In 1995, only 14% of US adults were connected to the internet. There was no central authority, communication was peer-to-peer, and users had control over the content they published. However over the past two decades, the internet has undergone a mass centralization led by internet giants Google, Amazon, Facebook, and Microsoft. With the emergence of Artificial Intelligence, IoT, social media, and cloud computing, the internet has exploded and the tech giants have become the sole possessors of the platforms on which the internet resides. The centralized internet has contributed to major data privacy concerns, the use of algorithmic biases, censorship of users, and the establishment of a single point of failure for the network.

One of the greatest misconceptions about crypto networks is that they are solely focused on the establishment of digital currencies to compete with the dollar. Much of this confusion stems from the first-ever crypto network, Bitcoin, whose blockchain was designed specifically for this purpose. However, the implications of blockchain are in fact much broader, and the advent of Bitcoin has created an entirely new infrastructure for maintaining and storing data. Much like how AWS provides a framework for web applications, blockchains are the backend infrastructure for crypto applications. Specifically, blockchains provide the structure to support decentralized applications ( dApps) and a decentralized internet, or what many are calling Web 3.0.
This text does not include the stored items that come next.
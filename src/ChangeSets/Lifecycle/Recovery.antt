-- ===== src/ChangeSets/Lifecycle/Recovery.antt =====
-- What a round of `reconcile_incomplete` of app/services/change_set_store.py makes of an interrupted
-- commit.
use test_gpt_local.ChangeSets.Commit.Ends.{text_is-true}
use test_gpt_local.ChangeSets.Files.Restore.{IsClear}
use test_gpt_local.ChangeSets.Lifecycle.{reconcile_read}
use test_gpt_local.Prelude.{
  ℕ, ◌≡◌, ◌≢◌, refl, sym, ap, subst, ◌∙◌, String, Bool, true, false, List, Option, none, some, inl,
  inr, Bool-cases, All,
}
use test_gpt_local.Prelude.Text.{◌==◌, eq_iff, eq_refl}
use test_gpt_local.Prelude.Dict.{IsUnique}
use test_gpt_local.ChangeSets.State.{
  Status, committed, rolled_back, recovery_required, Phase, FileRow, Files, ChangeSet, Saved,
  Directory, Checkout, no_workspace, no_worktree, worktree, Local, Tools,
}
use test_gpt_local.ChangeSets.Files.{snapshot_rollback, restore}
use test_gpt_local.ChangeSets.Files.Restore.{
  paths, IsAllowed, AgreesBut, Same, restore-snapshot_rollback,
}
use test_gpt_local.ChangeSets.Commit.{journal, text_is}
use test_gpt_local.ChangeSets.Commit.Ends.{TreeIs}
use test_gpt_local.ChangeSets.Lifecycle.{
  phase_of, settle, restored_status, judge_restored, judge, record_status, reconcile_on, reconcile,
}

module _ (tools : Tools) (writable : Phase → Bool) (now : ℕ) where
  pub data Reconciled (l : Local) : Status × Local → Type 0 where
    as_committed :
        {l' : Local} (after : String)
        → l.row.after_tree ≡ some after
        → l'.row.status ≡ committed
        → TreeIs tools after l'.checkout
        → Reconciled l (committed, l')
    as_rolled_back :
        {l' : Local}
        → l'.row.status ≡ rolled_back
        → TreeIs tools l.row.before_tree l'.checkout
        → Reconciled l (rolled_back, l')
    in_doubt :
        {l' : Local} → l'.row.status ≡ recovery_required → Reconciled l (recovery_required, l')

  -- What the decision says of the worktree.
  data Judged (l : Local) : Status × Files → Type 0 where
    is_after :
        {u : Files} (after : String)
        → l.row.after_tree ≡ some after
        → tools.worktree_tree u ≡ some after
        → Judged l (committed, u)
    is_before :
        {u : Files} → tools.worktree_tree u ≡ some l.row.before_tree → Judged l (rolled_back, u)
    unclear : {u : Files} → Judged l (recovery_required, u)

  restored-Judged :
      (l : Local) (r : Bool × Files) → Judged l (restored_status tools writable now l r)
  restored-Judged l (false, u) = unclear
  restored-Judged l (true, u) =
      elim (Bool-cases (text_is (tools.worktree_tree u) l.row.before_tree)) [
        | inl b ↦ rw b (is_before (text_is-true _ _ b))
        | inr b ↦ rw b unclear
      ]

  judge-Judged :
      (l : Local) (t : Files) (current : String)
      → tools.worktree_tree t ≡ some current
      → Judged l (judge tools writable now l t current)
  unfolding judge judge_restored
  judge-Judged l t current h = elim (Bool-cases (text_is l.row.after_tree current)) [
    | inl a ↦ rw a (is_after current (text_is-true _ _ a) h)
    | inr a ↦ elim (Bool-cases (current == l.row.before_tree)) [
      | inl b ↦ rw (a, b) (is_before (h ∙ ap some ((eq_iff current l.row.before_tree).0 b)))
      | inr b ↦ rw (a, b) (from l.directory.rollback)
    ]
  ]
    where
      from : (o : Option (List Saved)) → Judged l (judge_restored tools writable now l t o)
      from none = unclear
      from (some snapshot) = restored-Judged l (restore tools snapshot t)

  record_status-Reconciled :
      (l : Local) (d : Status × Files)
      → Judged l d
      → Reconciled l (
          record_status tools writable now d.0
            (let k : Local = record l { checkout = worktree d.1 } in k))
  unfolding record_status journal
  record_status-Reconciled l (s, u) j = elim (Bool-cases (writable (phase_of s))) [
    | inr w ↦ rw w (in_doubt refl)
    | inl w ↦ rw w (from j)
  ]
    where
      from :
          {s : Status} {u : Files}
          → Judged l (s, u)
          → Reconciled l (
            s,
            (let k : Local =
                  record (settle s now (let k : Local = record l { checkout = worktree u } in k)) {
                    row =
                        (let r : ChangeSet = record (settle s now l).row {
                          commit_phase = some (phase_of s);
                          updated_at = now;
                        } in
                          r);
                    directory =
                        (let d : Directory = record l.directory { journal = some (phase_of s) } in
                          d);
                  } in
                k),
          )
      from (is_after after a t) = as_committed after a refl (_, refl, t)
      from (is_before t) = as_rolled_back refl (_, refl, t)
      from unclear = in_doubt refl

  -- However far a commit had come: the change set is then committed and the worktree has the validated
  -- tree, or it is rolled back and the worktree has the captured tree, or it needs recovery.
  pub reconcile-Reconciled : (l : Local) → Reconciled l (reconcile tools writable now l)
  unfolding reconcile reconcile_on reconcile_read
  reconcile-Reconciled l = from l.checkout
    where
      read :
          (t : Files) (o : Option String)
          → tools.worktree_tree t ≡ o
          → Reconciled l (reconcile_read tools writable now l t o)
      read t none h = in_doubt refl
      read t (some current) h = record_status-Reconciled l _ (judge-Judged l t current h)

      from : (c : Checkout) → Reconciled l (reconcile_on tools writable now l c)
      from no_workspace = in_doubt refl
      from no_worktree = in_doubt refl
      from (worktree t) = read t (tools.worktree_tree t) refl

  judge-restores :
      (l : Local) (current : String) (t u : Files) (snapshot : List Saved) (items : List FileRow)
      → ((x y : Files) → Same tools x y → tools.worktree_tree y ≡ tools.worktree_tree x)
      → IsClear tools (paths items) t items
      → All (IsAllowed tools) items
      → snapshot_rollback tools items t ≡ some snapshot
      → l.directory.rollback ≡ some snapshot
      → tools.worktree_tree t ≡ some l.row.before_tree
      → IsUnique u
      → AgreesBut tools (paths items) t u
      → (judge tools writable now l u current).0 ≢ recovery_required
  unfolding judge judge_restored
  judge-restores l current t u snapshot items by_files clear allowed s r b unique a =
      let (x, y) = restore-snapshot_rollback tools items t u snapshot clear allowed s unique a in
      elim (Bool-cases (text_is l.row.after_tree current)) [
        | inl c ↦ rw c (λ h. cc)
        | inr c ↦ elim (Bool-cases (current == l.row.before_tree)) [
          | inl d ↦ rw (c, d) (λ h. cc)
          | inr d ↦
              rw (c, d)
                (subst (λ o. (judge_restored tools writable now l u o).0 ≢ recovery_required)
                  (sym r) (rw (x, by_files t _ y ∙ b, eq_refl) (λ h. cc)))
        ]
      ]

  -- Where git reads a worktree's tree from its files alone, failing included, and reads that of the
  -- captured files and of the worktree, the journal can be written, the worktree differs from the
  -- captured one at most in the files of the stored snapshot, which the path guard allows, and nothing
  -- but regular files that can be replaced and removed stands at their paths, in whatever tree that
  -- differs from the captured one at most there, reconciling does not leave the change set in doubt.
  pub reconcile-recovers :
      (l : Local) (current : String) (t u : Files) (snapshot : List Saved) (items : List FileRow)
      → ((x y : Files) → Same tools x y → tools.worktree_tree y ≡ tools.worktree_tree x)
      → IsClear tools (paths items) t items
      → All (IsAllowed tools) items
      → snapshot_rollback tools items t ≡ some snapshot
      → l.directory.rollback ≡ some snapshot
      → tools.worktree_tree t ≡ some l.row.before_tree
      → l.checkout ≡ worktree u
      → tools.worktree_tree u ≡ some current
      → IsUnique u
      → AgreesBut tools (paths items) t u
      → ((p : Phase) → writable p ≡ true)
      → (reconcile tools writable now l).0 ≢ recovery_required
  unfolding reconcile reconcile_on reconcile_read record_status journal
  reconcile-recovers l current t u snapshot items by_files clear allowed s r b c g unique a w =
      subst (λ k. (reconcile_on tools writable now l k).0 ≢ recovery_required) (sym c)
        (rw (g, w _)
          (judge-restores l current t u snapshot items by_files clear allowed s r b unique a))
The History of the Internet, Web 1.0

While very related, the internet and the web are not the same. The internet is the physical servers, wiring, and connectivity protocols that govern how computers communicate with one another. The internet is simply a network of independent computers that follow Internet Protocol (IP) and Transport Control Protocol (TCP). At its core, the internet was decentralized and was created in the 1960s primarily for academic and military use. It wasn’t until Tim Berners-Lee invented the Web in 1989 that the internet became commercialized. The web is essentially a system of online content that is linked together via hyperlinks and it dramatically simplifies the process of accessing information via the internet. To access a web page, users must provide the exact server location for the content they are requesting, and the web allows for users to quickly access web resources using hyperlinks as opposed to remembering a physical server location. With the creation of the web and web browsers, users got access to applications, such as AOL. These web pages were strictly static/read-only. The internet was not yet interactive. Today, this period in time (~1990s) is now referred to as Web 1.0 in which the network was decentralized and users directly requested content from servers in a peer-to-peer fashion.

Web 2.0 — The Centralized Web and Cloud Computing

Throughout the 1990s, businesses began to develop new software that outpaced the capabilities of open protocols and provided efficient, scalable infrastructure to support the internet. Microsoft released Internet Explorer as a free add-on to its operating system, Google and Yahoo developed search engines, and Stephan Schambach invented the “online shopping cart” which led to mass commercialization of the web. Much to the dislike of internet critics, the number of internet users exploded and by the year 2000, 52% of Americans were online. Software dramatically simplified the process of accessing and navigating the internet, and communication and publication began to flow through a few services that were able to outperform all others. These innovative services were so great that companies like Google, Amazon, and Facebook were able to quickly scale and construct high barriers to entry. The strategy was to gather as many users as possible and worry about monetization another day.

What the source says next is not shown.